Turning a table lookup with constant mask into a shuffle vector is not always beneficial. This particular pattern allows the back-end to generate byte reverse instructions instead of a table lookup, which is better. Generalising the transformation for every pattern probably doesn't hurt but it's not beneficial either. However, applying the transformation for larger table lookups (tbl2,tbl3,tbl4) results in worse codegen from the back-end.

test/Transforms/InstCombine/AArch64/table-lookup.ll
2 ↗(On Diff #144141)

Sure, thanks.

efriedma added inline comments.Apr 27 2018, 12:30 PM
lib/Transforms/InstCombine/InstCombineCalls.cpp
951

ConstantFoldLoadThroughGEPConstantExpr(ConstantExpr::getBitCast(C, VecTy.getPointerTo()) or something like that should work.

974

Sure, it's not always beneficial, but it's likely we can perform some useful transform on the resulting shuffle, and worst-case the backend just turns the shuffle back into a vtbl. And I don't really want to have code here to try to figure out whether a given shuffle is legal; that gets really complicated in general.

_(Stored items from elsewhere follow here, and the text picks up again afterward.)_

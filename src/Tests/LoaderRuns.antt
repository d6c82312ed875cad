-- ===== src/Tests/LoaderRuns.antt =====
-- The policy loader (src/modelguard/policy/loader.py) on a policy file, and on one whose unknown keys
-- Python cannot sort.
use modelguard.Base.{String, ◌≡◌, refl, true, Option, none, some, [], ◌∷◌, Memᴰ, string_eq}
use modelguard.Base.Dict.{get}
use modelguard.Base.Result.{ok, err}
use modelguard.Exceptions.{policy_validation, not_a_mapping, unknown_rule, foreign}
use modelguard.Policy.Models.{RuleAction, RuleConfig, PolicyDocument}
use modelguard.Policy.Engine.{PolicyEvaluationContext, RuleCheck, rule_checks, evaluate}
use modelguard.Policy.Engine.Outcomes.{reported, when_enabled}
use modelguard.Policy.Loader.{
  rule_config, field_of, Yaml, null, text, plain, mapping, Fields, empty_mapping, field, name,
  unnamed, loaded, Conversions, load_policy_file,
}
use modelguard.Policy.Loader.Accepted.{loaded_rule_is_evaluated}
use modelguard.Policy.Loader.Refused.{is_policy_error, load_policy_file-raises}

abbrev text_of : Yaml → Option String
text_of (text s) = some s
text_of _ = none

abbrev repr : Yaml → String
repr (text s) = s
repr (plain s) = s
repr _ = ""

abbrev conversions : Conversions
conversions = record {
  as_bool = λ v. none;
  as_int = λ v. none;
  as_str = text_of;
  str = repr;
  sort_others = ok;
}

abbrev review_value : Yaml
review_value = mapping (field (name "on_fail") (text "review") empty_mapping)

abbrev rule_fields : Fields
rule_fields = field (name "require_license") review_value empty_mapping

abbrev production_file : Fields
production_file =
    field (name "policy") (mapping (field (name "name") (text "production") empty_mapping))
      (field (name "rules") (mapping rule_fields) empty_mapping)

abbrev review_first : RuleConfig
review_first = record { enabled = true; on_fail = RuleAction.review; max_count = 0 }

abbrev production : PolicyDocument
production = record {
  version = "1";
  name = "production";
  environment = none;
  rules = ("require_license", review_first) ∷ [];
}

production_loads : load_policy_file conversions (loaded (mapping production_file)) ≡ ok production
unfolding load_policy_file string_eq
production_loads = refl

misspelt_rule_is_refused :
    load_policy_file conversions (
      loaded (
        mapping (
          field
            (name "rules")
            (mapping (field (name "require_licence") null empty_mapping))
            production_file)))
    ≡ err (unknown_rule "require_licence")
unfolding load_policy_file string_eq
misspelt_rule_is_refused = refl

mixed_keys_escape :
    load_policy_file conversions
      (loaded (mapping (field (unnamed "1") null (field (name "polcy") null production_file))))
    ≡ err (foreign "TypeError")
unfolding load_policy_file string_eq
mixed_keys_escape = refl

loaded_rule_is_evaluated_example :
    (config : RuleConfig) × (check : RuleCheck) × (rule_config conversions review_value ≡ ok config)
    × (get production.rules "require_license" ≡ some config)
    × Memᴰ check rule_checks
    × (check.0 ≡ "require_license")
    × ((context : PolicyEvaluationContext) (id now : String)
        → Memᴰ
            (reported context check (when_enabled (some config)))
            (evaluate context production id now).rule_results)
unfolding field_of string_eq
loaded_rule_is_evaluated_example =
    loaded_rule_is_evaluated conversions production_file rule_fields production "require_license"
      review_value production_loads refl refl

load_policy_file-raises_example : is_policy_error (policy_validation not_a_mapping) ≡ true
unfolding load_policy_file
load_policy_file-raises_example =
    load_policy_file-raises conversions (loaded null) (policy_validation not_a_mapping) tt refl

@efriedma I am going to create a new revision for converting a vld1 into an llvm load. I'll then update this revision to keep only the tbl1~>shufflevector conversion. I'll also make the patch accept any constant mask pattern.

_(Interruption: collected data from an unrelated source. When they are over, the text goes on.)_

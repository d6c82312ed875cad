-- ===== src/Tests/PolicyRuns.antt =====
-- The policy engine (src/modelguard/policy/engine.py) on a revoked and on a tampered artifact.
use text.Mathlib.TextEquality.{eq_iff}
use modelguard.Base.{
  arith, String, ◌≡◌, refl, true, false, some, none, [], ◌∷◌, string_eq, ◌≤◌, ◌≢◌, All, map, ◌++◌,
}
use modelguard.Policy.Models.{
  Decision, severity, is_allowed, RuleAction, RuleConfig, PolicyDocument,
}
use modelguard.Policy.Engine.{PolicyEvaluationContext, evaluate, rule_checks, integrity_gate}
use modelguard.Policy.Engine.Outcomes.{active, outcome, evaluate-rule_results}
use modelguard.Policy.Engine.Severity.{worst, severity-evaluate}
use modelguard.Policy.Engine.Guarantees.{
  Lenient, tampered_is_denied, revoked_is_revoked, allowed_is_earned, evaluate-active,
}

abbrev sound : PolicyEvaluationContext
sound = record {
  subject = "m@1";
  signature_valid = true;
  mbom_valid = true;
  revoked = false;
  has_license = false;
  has_declared_lineage = true;
  scan_performed = true;
  critical_finding_count = 0;
  high_finding_count = 3;
  artifact_digest_matches = some true;
  signer_trusted = some true;
}

abbrev tampered : PolicyEvaluationContext
tampered = record sound { artifact_digest_matches = some false }

abbrev pub withdrawn : PolicyEvaluationContext
withdrawn = record sound { revoked = true }

abbrev warn_only : RuleConfig
warn_only = record { enabled = true; on_fail = RuleAction.warn; max_count = 2 }

abbrev review_first : RuleConfig
review_first = record { enabled = true; on_fail = RuleAction.review; max_count = 0 }

abbrev production : PolicyDocument
production = record {
  version = "1";
  name = "production";
  environment = none;
  rules = ("reject_revoked_models", warn_only) ∷ ("max_high_findings", warn_only) ∷ [];
}

abbrev strict : PolicyDocument
strict = record production { rules = ("require_license", review_first) ∷ production.rules }

abbrev disabled_rule : PolicyDocument
disabled_rule = record production {
  rules = ("require_license", record review_first { enabled = false }) ∷ production.rules;
}

warns : (evaluate sound production "id" "now").decision ≡ Decision.allow_with_warnings
unfolding evaluate string_eq
warns = refl

reviews : (evaluate sound strict "id" "now").decision ≡ Decision.review_required
unfolding evaluate string_eq
reviews = refl

severity-evaluate_example :
    severity (evaluate sound strict "id" "now").decision
    ≡ worst (evaluate sound strict "id" "now").rule_results
severity-evaluate_example = severity-evaluate sound strict "id" "now"

evaluate-rule_results_example :
    (evaluate tampered strict "id" "now").rule_results
    ≡ (integrity_gate tampered).results ++ map (outcome tampered strict) rule_checks
evaluate-rule_results_example = evaluate-rule_results tampered strict "id" "now"

tampered_is_denied_example :
    (4 ≤ severity (evaluate tampered production "id" "now").decision)
    × (is_allowed (evaluate tampered production "id" "now").decision ≡ false)
tampered_is_denied_example = tampered_is_denied tampered production "id" "now" refl

revoked_is_revoked_example : (evaluate withdrawn production "id" "now").decision ≡ Decision.revoked
unfolding active string_eq
revoked_is_revoked_example = revoked_is_revoked withdrawn production "id" "now" warn_only refl refl

allowed_is_earned_example :
    (sound.artifact_digest_matches ≢ some false) × All (Lenient sound production) rule_checks
unfolding evaluate string_eq is_allowed
allowed_is_earned_example = allowed_is_earned sound production "id" "now" refl

same_active : (name : String) → active production name ≡ active disabled_rule name
unfolding active
same_active name = ground (
  arith,
  eq_iff "require_license" "reject_revoked_models",
  eq_iff "require_license" "max_high_findings",
)

evaluate-active_example :
    ((evaluate sound production "id" "now").decision
      ≡ (evaluate sound disabled_rule "id" "now").decision)
    × ((evaluate sound production "id" "now").rule_results
        ≡ (evaluate sound disabled_rule "id" "now").rule_results)
evaluate-active_example = evaluate-active sound production disabled_rule "id" "now" same_active
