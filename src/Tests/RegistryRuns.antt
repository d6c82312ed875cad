-- ===== src/Tests/RegistryRuns.antt =====
-- The local registry (src/modelguard/registry/local.py) with one record and one revocation.
use modelguard.Tests.Samples.{digest_zero, manifest, mbom}
use modelguard.Base.{
  String, ◌≡◌, ◌↔◌, inr, refl, some, none, [], ◌∷◌, TextMethods, string_eq, nat_eq, is_sha256_hex,
  is_lower_hex, true,
}
use modelguard.Base.Dict
use modelguard.Base.Result.{ok}
use modelguard.Manifest.{Manifest}
use modelguard.Audit.Chain.{completes, ChainEntry, verify_chain, read_all_entries, verify_entries}
use modelguard.Registry.Identifiers.{validate_identifier, problem, IsSafe, validate_identifier_iff}
use modelguard.Registry.Models.{is_artifact_digest, RegistryRecord, RevocationRecord}
use modelguard.Registry.Local.{
  LocalRegistry, empty_registry, key_eq, index_first, register, get, get_by_digest, version_path,
  revoke, unrevoke,
}
use modelguard.Registry.Local.Records.{
  IsValid, register-IsValid, register_iff, register-get_by_digest,
}
use modelguard.Sdk.Registration.{register_model, register_model-get}
use modelguard.Registry.Local.Revocations.{IsSound, Answers, revoke-is_revoked, unrevoke-is_revoked}

-- Stand-ins for the character tables and for SHA-256.
abbrev plain : TextMethods
plain = record { strip = λ s. s; lower = λ s. s; nfc = λ s. s }

abbrev digest_text : String
digest_text = "sha256:0000000000000000000000000000000000000000000000000000000000000000"

abbrev measured : Manifest
measured = record manifest {
  digest = "0000000000000000000000000000000000000000000000000000000000000000";
}

abbrev first : RegistryRecord
first = record {
  model_id = "demo";
  version = "1";
  artifact_digest = digest_text;
  manifest = measured;
  mbom = mbom;
  registered_by = "dev";
  registered_at = "now";
}

-- The same bytes under another name.
abbrev again : RegistryRecord
again = record first { model_id = "copy" }

abbrev one_record : LocalRegistry
one_record = record {
  records = (("demo", "1"), first) ∷ [];
  digest_index = (digest_text, ("demo", "1")) ∷ [];
  revocation_log = none;
}

abbrev two_records : LocalRegistry
two_records = record {
  records = (("demo", "1"), first) ∷ (("copy", "1"), again) ∷ [];
  digest_index = (digest_text, ("demo", "1")) ∷ [];
  revocation_log = none;
}

registers : register plain empty_registry first ≡ ok (first, one_record)
unfolding register version_path validate_identifier problem index_first Dict.has Dict.set string_eq
    nat_eq key_eq
registers = refl

registers_again : register plain one_record again ≡ ok (again, two_records)
unfolding register version_path validate_identifier problem index_first Dict.has Dict.set string_eq
    nat_eq key_eq
registers_again = refl

resolves : get_by_digest plain one_record digest_text ≡ ok (some first)
unfolding get_by_digest get version_path validate_identifier problem Dict.get string_eq nat_eq
    key_eq
resolves = refl

empty-IsValid : IsValid empty_registry
unfolding Dict.get
empty-IsValid = record { named = λ k r h. cc; found = λ k r h. cc; indexed = λ d k h. cc }

register-IsValid_example : IsValid one_record
register-IsValid_example =
    register-IsValid plain empty_registry first (first, one_record) registers empty-IsValid

demo-IsSafe : IsSafe plain "demo"
unfolding validate_identifier problem string_eq nat_eq
demo-IsSafe = ((validate_identifier_iff plain "demo" "model_id" "demo").0 refl).0

one-IsSafe : IsSafe plain "1"
unfolding validate_identifier problem string_eq nat_eq
one-IsSafe = ((validate_identifier_iff plain "1" "version" "1").0 refl).0

validate_identifier_iff_example :
    (validate_identifier plain "demo" "model_id" ≡ ok "demo")
    ↔ (IsSafe plain "demo" × (◌≡◌ {A = String} "demo" "demo"))
validate_identifier_iff_example = validate_identifier_iff plain "demo" "model_id" "demo"

register_iff_example :
    ((x : RegistryRecord × LocalRegistry) × (register plain one_record first ≡ ok x))
    ↔ (IsSafe plain "demo" × IsSafe plain "1" × (Dict.get one_record.records ("demo", "1") ≡ none))
register_iff_example = register_iff plain one_record first

register-get_by_digest_example : get_by_digest plain two_records digest_text ≡ ok (some first)
register-get_by_digest_example =
    register-get_by_digest plain one_record again (again, two_records) registers_again digest_text
      first resolves

abbrev revocation : RevocationRecord
revocation = record {
  model_id = "demo";
  version = "1";
  revoked_by = "sec";
  reason = "leak";
  revoked_at = "now";
}

empty_log-IsSound : IsSound plain digest_zero one_record []
unfolding verify_chain read_all_entries verify_entries
empty_log-IsSound = record {
  read = refl;
  accepted = refl;
  used = inr refl;
  ended = tt;
  actions = tt;
}

revoke-is_revoked_example :
    (after : LocalRegistry) × (e : ChainEntry) × (revoke plain digest_zero completes one_record
        revocation
      ≡ (ok revocation, after))
    × IsSound plain digest_zero after (e ∷ [])
    × Answers plain digest_zero one_record after "demo" "1" (some revocation)
revoke-is_revoked_example =
    revoke-is_revoked plain digest_zero one_record [] revocation empty_log-IsSound demo-IsSafe
      one-IsSafe

unrevoke-is_revoked_example :
    (after : LocalRegistry) × (e : ChainEntry) × (unrevoke plain digest_zero completes one_record
        "demo" "1" "sec" "fixed"
      ≡ (ok tt, after))
    × IsSound plain digest_zero after (e ∷ [])
    × Answers plain digest_zero one_record after "demo" "1" none
unrevoke-is_revoked_example =
    unrevoke-is_revoked plain digest_zero one_record [] "demo" "1" "sec" "fixed" empty_log-IsSound
      demo-IsSafe one-IsSafe

registers_model :
    register_model plain empty_registry measured mbom "dev" "now" ≡ ok (first, one_record)
unfolding register_model is_artifact_digest is_sha256_hex is_lower_hex register version_path
    validate_identifier problem index_first Dict.has Dict.set string_eq nat_eq key_eq
registers_model = refl

register_model-get_example :
    (get plain one_record "demo" "1" ≡ ok (some first))
    × (first.manifest ≡ measured)
    × (first.mbom ≡ mbom)
    × (first.artifact_digest ≡ digest_text)
    × (is_artifact_digest first.artifact_digest ≡ true)
register_model-get_example =
    register_model-get plain empty_registry measured mbom "dev" "now" first one_record
      registers_model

labrinea updated this revision to Diff 144699.May 1 2018, 5:22 AM

I've moved the constant folding to a new revision: https://reviews.llvm.org/D46273. I've also added comments to the tests explaining the reason of this transformation.

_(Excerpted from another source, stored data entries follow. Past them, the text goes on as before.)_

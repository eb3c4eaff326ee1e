-- ===== src/Database/Deadline.antt =====
-- Proofs about the statement timeout (ext/sqlite3/database.c).
use sqlite3_ruby.Base.{
  ℕ, zero, suc, ◌+◌, ◌≤◌, ◌<◌, ◌∙◌, ◌≡◌, refl, true, false, Bool, List, [], ◌∷◌, arith, any, ltb, ℤ,
  All, ==_refl,
}
use mathlib.Core.Path.{subst}
use native.Mathlib.Decide.{dec_lt}
use sqlite3_ruby.Values.{Ptr}
use sqlite3_ruby.Machine.{World, Run, ok, update}
use sqlite3_ruby.Env.{Timespec}
use sqlite3_ruby.Timespec.{
  timespecisset, timespecafter, timespecisvalid, nanoseconds, timespecafter-lt,
}
use sqlite3_ruby.Database.Timeout.{rb_sqlite3_statement_timeout, progress}

-- The world with another timeout in milliseconds for the struct at `self`.
abbrev pub with_timeout : Ptr → ℤ → World → World
with_timeout self ms w = record w {
  databases = update w.databases self (record (w.databases self) { stmt_timeout = ms });
}

-- What the run answers.
abbrev pub answer : Run Bool → Bool
answer (ok b w) = b
answer _ = false

any_later :
    (start : Timespec) (times : List Timespec)
    → timespecisvalid start ≡ true
    → All (λ now. timespecisvalid now ≡ true) times
    → any (λ now. timespecafter now start) times
      ≡ any (λ now. ltb (nanoseconds start) (nanoseconds now)) times
any_later start [] v vs = refl
any_later start (now ∷ times) v vs =
    rw ((timespecafter-lt now start vs.0 v).0, any_later start times v vs.1)

module _ (self : Ptr) where
  -- Once the deadline is set, it stays, and the first later time stops the statement.
  progress_set :
      (w : World) (start : Timespec) (times : List Timespec)
      → (w.databases self).stmt_deadline ≡ start
      → timespecisset start ≡ true
      → progress self times w ≡ ok (any (λ now. timespecafter now start) times) w
  unfolding progress rb_sqlite3_statement_timeout
  progress_set w start [] e s = refl
  progress_set w start (now ∷ times) e s = ground (arith, progress_set w start times e s)

  -- After a prepare, which clears the deadline, the first call of the progress handler makes its own
  -- time the deadline, whatever milliseconds were set; the statement is interrupted at the first
  -- later call whose clock reads more nanoseconds than the first, and only then.
  pub progress_stops :
      (ms : ℤ) (w : World) (start : Timespec) (times : List Timespec)
      → timespecisset (w.databases self).stmt_deadline ≡ false
      → timespecisset start ≡ true
      → timespecisvalid start ≡ true
      → All (λ now. timespecisvalid now ≡ true) times
      → answer (progress self (start ∷ times) (with_timeout self ms w))
        ≡ any (λ now. ltb (nanoseconds start) (nanoseconds now)) times
  unfolding progress rb_sqlite3_statement_timeout
  progress_stops ms w start times cleared s v vs =
      let set = record (w.databases self) { stmt_timeout = ms; stmt_deadline = start } in
      let g = record w {
        databases =
            update (update w.databases self (record (w.databases self) { stmt_timeout = ms })) self
              set;
      } in
      rw (==_refl self, cleared)
        (rw (progress_set g start times (rw (==_refl self)) s) (any_later start times v vs))

-- What the clock reads at `n` calls of the progress handler, from the call `i` on.
abbrev pub readings : (ℕ → Timespec) → ℕ → ℕ → List Timespec
readings clock i zero = []
readings clock i (suc n) = clock i ∷ readings clock (suc i) n

-- A clock that passes every time.
abbrev pub Grows : (ℕ → Timespec) → Type 0
Grows clock = (bound : ℕ) → (m : ℕ) × (bound < nanoseconds (clock m))

readings_valid :
    (clock : ℕ → Timespec) (i n : ℕ)
    → ((m : ℕ) → timespecisvalid (clock m) ≡ true)
    → All (λ now. timespecisvalid now ≡ true) (readings clock i n)
readings_valid clock i zero v = tt
readings_valid clock i (suc n) v = (v i, readings_valid clock (suc i) n v)

any_reading :
    (clock : ℕ → Timespec) (p : Timespec → Bool) (n i m : ℕ)
    → i ≤ m
    → m < i + n
    → p (clock m) ≡ true
    → any p (readings clock i n) ≡ true
any_reading clock p zero i m low high e = absurd (omega arith)
any_reading clock p (suc n) i m low high e = elim (dec_lt i m) [
  | yes later ↦ ground (arith, any_reading clock p n (suc i) m (omega arith) (omega arith) e)
  | no same ↦
      let here : m ≡ i = omega arith in ground (arith, subst (λ (k : ℕ). p (clock k) ≡ true) here e)
]

-- After a prepare, with valid times from a clock that passes every time, the progress handler
-- interrupts the statement after finitely many calls, whatever timeout was set.
pub progress_interrupts :
    (self : Ptr) (ms : ℤ) (w : World) (start : Timespec) (clock : ℕ → Timespec)
    → timespecisset (w.databases self).stmt_deadline ≡ false
    → timespecisset start ≡ true
    → timespecisvalid start ≡ true
    → ((m : ℕ) → timespecisvalid (clock m) ≡ true)
    → Grows clock
    → (n : ℕ) × (answer (progress self (start ∷ readings clock 0 n) (with_timeout self ms w))
        ≡ true)
progress_interrupts self ms w start clock cleared s v valid grows =
    let (m, later) = grows (nanoseconds start) in
    (
      suc m,
      progress_stops self ms w start (readings clock 0 (suc m)) cleared s v
            (readings_valid clock 0 (suc m) valid)
          ∙ any_reading clock (λ now. ltb (nanoseconds start) (nanoseconds now)) (suc m) 0 m
              (omega arith) (omega arith) (ground arith),
    )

Please add a testcase for llvm.aarch64.neon.tbl1.v16i8.

Good catch. The current patch hits the assertion when handling the llvm.aarch64.neon.tbl1.v16i8 inrinsic, because NumElts is 16. Does it make sense to perform the transformation in this case? I could get rid of the assert and bail the optimization if NumElts neither 8 nor 16 (or just 8).

labrinea updated this revision to Diff 144867.May 2 2018, 6:13 AM
efriedma added inline comments.May 18 2018, 1:40 PM
lib/Transforms/InstCombine/InstCombineCalls.cpp
1494

I guess you could also check that the vector element type is i8? It should be for code generated by clang, but the verifier doesn't actually enforce it, and this code can crash if it isn't.

1510

getLimitedValue() instead of getZExtValue()? Should be the same thing in valid cases, and avoids a potential crash on invalid input.

1511

You need special handling if Index is greater than or equal to NumElts*2. (vtbl produces 0, shufflevector produces undef.)

1514

You could simplify this code a little by using ConstantDataVector::get instead of ConstantVector::get.

test/Transforms/InstCombine/AArch64/tbl1.ll
24

Please add some testcases where the transform bails out.

labrinea updated this revision to Diff 148008.May 22 2018, 8:27 AM
  • Restrict the optimization to table lookups returning a <8 x i8> vector type. It's only beneficial for the mask {7,6,5,4,3,2,1,0} anyway.
  • Bail out if the constant mask contains an index out of range. The second argument of the new shufflevector is always going to be <undef> so the range is [0 ~ NumElts-1], not [0 ~ 2*NumElts-1], like @efriedma noticed.
  • Replaced getZExtValue() with getLimitedValue() for getting the value of a ConstantInt.
  • Simplified the retrieval of mask indices by using ConstantDataVector::get instead of ConstantVector::get.
  • Added testcases where the transform bails out.
  • Autogenerated the Filecheck patterns using the script utils/update_test_checks.py
This revision is now accepted and ready to land.May 23 2018, 11:51 AM
This revision was automatically updated to reflect the committed changes.